In his biography of Plato, Diogenes wrote:

Some say that Philip the Opuntian transcribed his work, Laws, which was written in wax [wooden tablets coated with wax]. They also say that Epinomis is his.[1]

And in another passage, Philip is listed among the members of the Academy:

His [Plato’s] disciples were Speusippus of Athens, Xenocrates of Chalcedon, Aristotle of Stagira, Philippus of Opus...[2]

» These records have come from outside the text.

-- ===== src/Index/Builder/Members.antt =====
-- The contents that sortedContents of repo/content/index/index_builder.go gives, and their order.
use kopia.Prelude.{
  ℕ, zero, suc, ◌+◌, ◌≤◌, ◌<◌, ◌≡◌, refl, ap, ◌∙◌, inl, inr, true, List, [], ◌∷◌, ◌++◌, some, arith,
  ◌==◌, Bool-cases, get_elem?, ==_iff, All, ◌↔◌,
}
use kopia.Index.ContentId.{less}
use kopia.Index.Info.{Info}
use kopia.Index.Builder.{bucket_of, bucket, insert, sort_slice, buckets_from, sorted_contents}
use kopia.Index.Builder.Sorting.{HasKey, IsDistinct}
use kopia.Index.Builder.Buckets.{sorted_contents-IsSorted, sorted_contents-All}
use kopia.Index.V1.Keys.{IsSorted}

-- a place of a content in a list
abbrev pub Place : List Info → Info → Type 0
Place vs it = (q : ℕ) × (get_elem? vs q ≡ some it)

abbrev at_head : (it : Info) (vs : List Info) → Place (it ∷ vs) it
at_head it vs = (0, refl)

Place-cons : (v it : Info) (vs : List Info) → Place vs it → Place (v ∷ vs) it
Place-cons v it vs (q, e) = (suc q, e)

pub Place-append_left : (it : Info) (vs ws : List Info) → Place vs it → Place (vs ++ ws) it
Place-append_left it [] ws (q, e) = absurd (ground (arith, e))
Place-append_left it (v ∷ vs) ws (zero, e) = (0, e)
Place-append_left it (v ∷ vs) ws (suc q, e) =
    Place-cons v it (vs ++ ws) (Place-append_left it vs ws (q, e))

pub Place-append_right : (it : Info) (vs ws : List Info) → Place ws it → Place (vs ++ ws) it
Place-append_right it [] ws p = p
Place-append_right it (v ∷ vs) ws p = Place-cons v it (vs ++ ws) (Place-append_right it vs ws p)

push_down :
    (v w it : Info) (ws below : List Info)
    → (Place (v ∷ ws) it → Place below it)
    → Place (v ∷ w ∷ ws) it
    → Place (w ∷ below) it
push_down v w it ws below f (zero, q) = Place-cons w it below (f (0, q))
push_down v w it ws below f (suc zero, q) = (0, q)
push_down v w it ws below f (suc (suc n), q) = Place-cons w it below (f (suc n, q))

insert-Place : (v it : Info) (ws : List Info) → Place (v ∷ ws) it → Place (insert v ws) it
unfolding insert
insert-Place v it [] p = p
insert-Place v it (w ∷ ws) p = elim (Bool-cases (less v.content_id w.content_id)) [
  | inl e ↦ rw e p
  | inr e ↦ rw e (push_down v w it ws (insert v ws) (insert-Place v it ws) p)
]

sort_slice-Place : (it : Info) (vs : List Info) → Place vs it → Place (sort_slice vs) it
unfolding sort_slice
sort_slice-Place it [] p = p
sort_slice-Place it (v ∷ vs) (zero, e) = insert-Place v it (sort_slice vs) (0, e)
sort_slice-Place it (v ∷ vs) (suc q, e) =
    insert-Place v it (sort_slice vs)
      (Place-cons v it (sort_slice vs) (sort_slice-Place it vs (q, e)))

bucket-Place :
    (n : ℕ) (it : Info) (vs : List Info)
    → bucket_of it.content_id ≡ n
    → Place vs it
    → Place (bucket n vs) it
unfolding bucket
bucket-Place n it [] b p = p
bucket-Place n it (v ∷ vs) b (zero, e) =
    let same : v ≡ it = cc in
    let here : (bucket_of v.content_id == n) ≡ true =
      (==_iff (bucket_of v.content_id) n).1 (ap (λ (x : Info). bucket_of x.content_id) same ∙ b) in
    rw here (0, e)
bucket-Place n it (v ∷ vs) b (suc q, e) = elim (Bool-cases (bucket_of v.content_id == n)) [
  | inl h ↦ rw h (Place-cons v it (bucket n vs) (bucket-Place n it vs b (q, e)))
  | inr h ↦ rw h (bucket-Place n it vs b (q, e))
]

buckets_from-Place :
    (n count : ℕ) (it : Info) (vs : List Info)
    → n ≤ bucket_of it.content_id
    → bucket_of it.content_id < n + count
    → Place vs it
    → Place (buckets_from n count vs) it
unfolding buckets_from
buckets_from-Place n zero it vs lo hi p = absurd (omega (arith, lo, hi))
buckets_from-Place n (suc count) it vs lo hi p = elim (Bool-cases (bucket_of it.content_id == n)) [
  | inl e ↦
      Place-append_left it (sort_slice (bucket n vs)) (buckets_from (suc n) count vs)
        (sort_slice-Place it (bucket n vs) (bucket-Place n it vs (ground (arith, e)) p))
  | inr e ↦
      Place-append_right it (sort_slice (bucket n vs)) (buckets_from (suc n) count vs)
        (buckets_from-Place (suc n) count it vs (ground (arith, e, lo)) (omega (arith, hi)) p)
]

bucket_of-lt : (it : Info) → HasKey it → bucket_of it.content_id < 576
unfolding bucket_of
bucket_of-lt it h = ground (arith, h.0, h.2)

-- A content that is in the builder is in its sorted contents.
pub sorted_contents-Place :
    (it : Info) (vs : List Info) → HasKey it → Place vs it → Place (sorted_contents vs) it
unfolding sorted_contents
sorted_contents-Place it vs h p = buckets_from-Place 0 576 it vs (omega arith) (bucket_of-lt it h) p

-- a list is another one in the order of the keys, with neither a content more nor one less
abbrev pub Sorts : List Info → List Info → Type 0
Sorts vs ws = IsSorted ws × ((it : Info) → Place vs it ↔ Place ws it)

All-Place {κ} : (P : Info → Type κ) (vs : List Info) (it : Info) → All P vs → Place vs it → P it
All-Place P [] it a (q, e) = absurd (ground (arith, e))
All-Place P (v ∷ vs) it a (zero, e) = let same : v ≡ it = cc in rw same at a.0
All-Place P (v ∷ vs) it a (suc q, e) = All-Place P vs it a.1 (q, e)

pub Place-All {κ} :
    (P : Info → Type κ) (vs : List Info) → ((it : Info) → Place vs it → P it) → All P vs
Place-All P [] h = tt
Place-All P (v ∷ vs) h = (h v (0, refl), Place-All P vs λ it p. h it (Place-cons v it vs p))

-- The bucket sort puts contents with distinct keys, whose IDs have an allowed prefix and some bytes
-- (HasKey), in the strict order of their keys, and the sorted contents are exactly these contents: none is
-- lost and none is added.
pub sorted_contents-Sorts :
    (vs : List Info) → All HasKey vs → IsDistinct vs → Sorts vs (sorted_contents vs)
sorted_contents-Sorts vs keys distinct = (
  sorted_contents-IsSorted vs keys distinct,
  λ it. (
    λ p. sorted_contents-Place it vs (All-Place HasKey vs it keys p) p,
    λ p.
        All-Place (Place vs) (sorted_contents vs) it
          (sorted_contents-All (Place vs) vs (Place-All (Place vs) vs (λ it p. p))) p,
  ),
)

In the Souda, Philip is listed anonymously under the heading of philosophos ("philosopher"), his name being lost from the beginning of the entry:

Philosopher who divided the Laws of Plato into 12 books; for he himself is said to have added the 13th. And he was a pupil of Socrates and of Plato himself, occupied with the study of the heavens. Living in the time of Philip of Macedon, he wrote the following: On the distance of the sun and moon; On gods (2); On time (1); On myths (1); On freedom (1); On anger (1); On reciprocation (1); On the Opuntian Lokrians; On pleasure (1); On passion (1); On friends and friendship (1); On writing; On Plato; On eclipse[s] of the moon; On the size of the sun and moon and earth (1); On lightning; On the planets; Arithmetic; On prolific numbers; Optics (2); Enoptics (2); Kykliaka; Means; etc.[3]

Since the entry is placed under the heading Philosophos, the man’s name presumably was missing in the source used by the author of the Souda. It was not until the early 18th century that Ludolf Küster, who edited the Souda, identified this anonymous entry with the Philip of Opus mentioned by Diogenes Laërtius. In a footnote to it, he wrote:

I have long inquired who this anonymous philosopher is, of whom Souda speaks here. At last I found that he was Philip Opuntius, a disciple of Plato; and this information comes from Laërtius in the life of Plato, number 37. For there you read, that Philip Opuntius was the author of the Epinomis, which is book xiii. Moreover, reviewing the writings of our anonymous philosopher, we see, among other things, that he wrote about Locris Opuntius, it is testified that no one laughs at how well Philippus Opuntius fits.[4]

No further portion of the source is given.